Toutefois, c’est encore l’or et les métaux précieux qui continuent à tirer leur épingle du jeu. Traditionnellement choisi pour ses vertus anti-inflationnistes, le métal jaune n’a pas dérogé à sa réputation de relative stabilité par rapport aux autres grandes classes d’actifs, notamment par rapport au CAC40 qui a perdu près de 14% depuis le 1er janvier 2022

Même s’il n’y a pas de bon ou de mauvais moment pour acheter de l’or, il est quand même toujours plus intéressant d’en acquérir lorsque son prix est en baisse par rapport aux devises nationales, à plus forte raison en période d’inflation où tout a au contraire tendance à coûter plus cher. C’est exactement la situation que nous rencontrons en ce moment, et la période actuelle est particulièrement favorable car le cours de l’or a récemment atteint un point bas de 6 mois, à 1650 dollars l’once dans un marché qui se situe en moyenne à 1800 dollars depuis le début de l’année. 

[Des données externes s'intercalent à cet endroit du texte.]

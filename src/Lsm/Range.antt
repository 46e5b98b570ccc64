-- ===== src/Lsm/Range.antt =====
-- Cutting a range of keys out of a sequence that is sorted by key.
use structuredb.Base.{
  ◌≡◌, refl, ap, ◌∙◌, Bool, true, false, ◌&&◌, not, Option, none, some, List, [], ◌∷◌, arith,
  if◌then◌else◌, All, filter, Bool-cases, inl, inr,
}
use structuredb.Base.Str.{Str, str_lt, str_le, str_lt_trans, str_lt_total, str_lt_irrefl}
use structuredb.Lsm.Types.{Record, ScanRange, record_lt}
use structuredb.Lsm.Order.{IsSorted, key_le_of_record_le}

abbrev pub above_lower : Option Str → Record → Bool
above_lower none r = true
above_lower (some lb) r = not (str_lt r.key lb)

abbrev pub below_upper : Option Str → Record → Bool
below_upper none r = true
below_upper (some ub) r = str_le r.key ub

-- What a scan of the range should return: both ends are inclusive.
abbrev pub in_range : ScanRange → Record → Bool
in_range range r = above_lower range.lower_bound r && below_upper range.upper_bound r

-- The records from the first that passes the test on.
unfoldable pub drop_until : (Record → Bool) → List Record → List Record
drop_until p [] = []
drop_until p (x ∷ xs) = if p x then x ∷ xs else drop_until p xs

-- The records before the first that fails the test.
unfoldable pub take_while : (Record → Bool) → List Record → List Record
take_while p [] = []
take_while p (x ∷ xs) = if p x then x ∷ take_while p xs else []

-- Keys never fall along the list.
abbrev pub IsKeySorted : List Record → Type 0
IsKeySorted [] = Unit
IsKeySorted (x ∷ xs) = All (λ y. str_lt y.key x.key ≡ false) xs × IsKeySorted xs

All-key_le :
    (x : Record) (xs : List Record)
    → All (λ y. record_lt y x ≡ false) xs
    → All (λ y. str_lt y.key x.key ≡ false) xs
All-key_le x [] h = tt
All-key_le x (y ∷ ys) h = (key_le_of_record_le x y h.0, All-key_le x ys h.1)

pub IsSorted-IsKeySorted : (xs : List Record) → IsSorted xs → IsKeySorted xs
IsSorted-IsKeySorted [] h = tt
IsSorted-IsKeySorted (x ∷ xs) h = (All-key_le x xs h.0, IsSorted-IsKeySorted xs h.1)

pub str_le_trans : (a b c : Str) → str_lt b a ≡ false → str_lt c b ≡ false → str_lt c a ≡ false
str_le_trans a b c h k =
    ground (arith, str_lt_total a b, str_lt_trans c a b, str_lt_trans a b a, str_lt_irrefl c)

-- Behind a record above the upper bound no record is in the range.
filter-above :
    (ub : Str) (x : Record) (xs : List Record)
    → str_lt ub x.key ≡ true
    → All (λ y. str_lt y.key x.key ≡ false) xs
    → filter (λ y. str_le y.key ub) xs ≡ []
filter-above ub x [] h a = refl
filter-above ub x (y ∷ ys) h a =
    ground
      (arith, str_lt_trans ub x.key y.key, str_lt_total x.key y.key, filter-above ub x ys h a.1)

-- Once a record is above the lower bound, so are all behind it.
filter-lower :
    (lb : Str) (x : Record) (xs : List Record)
    → str_lt x.key lb ≡ false
    → All (λ y. str_lt y.key x.key ≡ false) xs
    → (q : Record → Bool) → filter (λ y. not (str_lt y.key lb) && q y) xs ≡ filter q xs
filter-lower lb x [] h a q = refl
filter-lower lb x (y ∷ ys) h a q =
    ground (arith, str_le_trans lb x.key y.key, filter-lower lb x ys h a.1 q)

take_while-upper :
    (upper : Option Str) (xs : List Record)
    → IsKeySorted xs
    → take_while (below_upper upper) xs ≡ filter (below_upper upper) xs
unfolding take_while
take_while-upper none [] h = refl
take_while-upper none (x ∷ xs) h = ap (◌∷◌ x) (take_while-upper none xs h.1)
take_while-upper (some ub) [] h = refl
take_while-upper (some ub) (x ∷ xs) h =
    ground (arith, take_while-upper (some ub) xs h.1, filter-above ub x xs)

drop_until-sorted :
    (p : Record → Bool) (xs : List Record) → IsKeySorted xs → IsKeySorted (drop_until p xs)
unfolding drop_until
drop_until-sorted p [] h = h
drop_until-sorted p (x ∷ xs) h = elim (Bool-cases (p x)) [
  | inl e ↦ rw e h
  | inr e ↦ rw e (drop_until-sorted p xs h.1)
]

drop_until-none :
    (upper : Option Str) (xs : List Record)
    → filter (below_upper upper) (drop_until (above_lower none) xs)
      ≡ filter (λ r. above_lower none r && below_upper upper r) xs
unfolding drop_until
drop_until-none upper [] = refl
drop_until-none upper (x ∷ xs) = refl

drop_until-some :
    (lb : Str) (upper : Option Str) (xs : List Record)
    → IsKeySorted xs
    → filter (below_upper upper) (drop_until (above_lower (some lb)) xs)
      ≡ filter (λ r. above_lower (some lb) r && below_upper upper r) xs
unfolding drop_until
drop_until-some lb upper [] h = refl
drop_until-some lb upper (x ∷ xs) h = elim (Bool-cases (str_lt x.key lb)) [
  | inl e ↦ rw e (drop_until-some lb upper xs h.1)
  | inr e ↦ rw (e, filter-lower lb x xs e h.0 (below_upper upper))
]

cut-parts :
    (lower upper : Option Str) (xs : List Record)
    → IsKeySorted xs
    → take_while (below_upper upper) (drop_until (above_lower lower) xs)
      ≡ filter (λ r. above_lower lower r && below_upper upper r) xs
cut-parts none upper xs h =
    take_while-upper upper _ (drop_until-sorted _ xs h) ∙ drop_until-none upper xs
cut-parts (some lb) upper xs h =
    take_while-upper upper _ (drop_until-sorted _ xs h) ∙ drop_until-some lb upper xs h

-- On a sequence sorted by key, skipping to the lower bound and stopping behind the upper one
-- leaves exactly the records of the range.
pub cut-range :
    (range : ScanRange) (xs : List Record)
    → IsKeySorted xs
    → take_while (below_upper range.upper_bound) (drop_until (above_lower range.lower_bound) xs)
      ≡ filter (in_range range) xs
cut-range range xs h = cut-parts range.lower_bound range.upper_bound xs h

Acheter de l’or vous permet d’épargner en protégeant votre capital des effets délétères de l’inflation puisque l’or ne dépend d’aucun Etat, il n’est pas affecté par les politiques budgétaires, il sert même de valeur refuge aux investisseurs en cas de crise comme celles que nous traversons régulièrement depuis 15 ans. Même les banques centrales augmentent continuellement leurs stocks d’or depuis des années pour disposer d’une réserve de valeur inaltérable sur le long terme. L’or n’est pas non plus soumis à la spéculation comme les autres actifs, ce qui fait que sa valeur est uniquement liée à sa nature propre.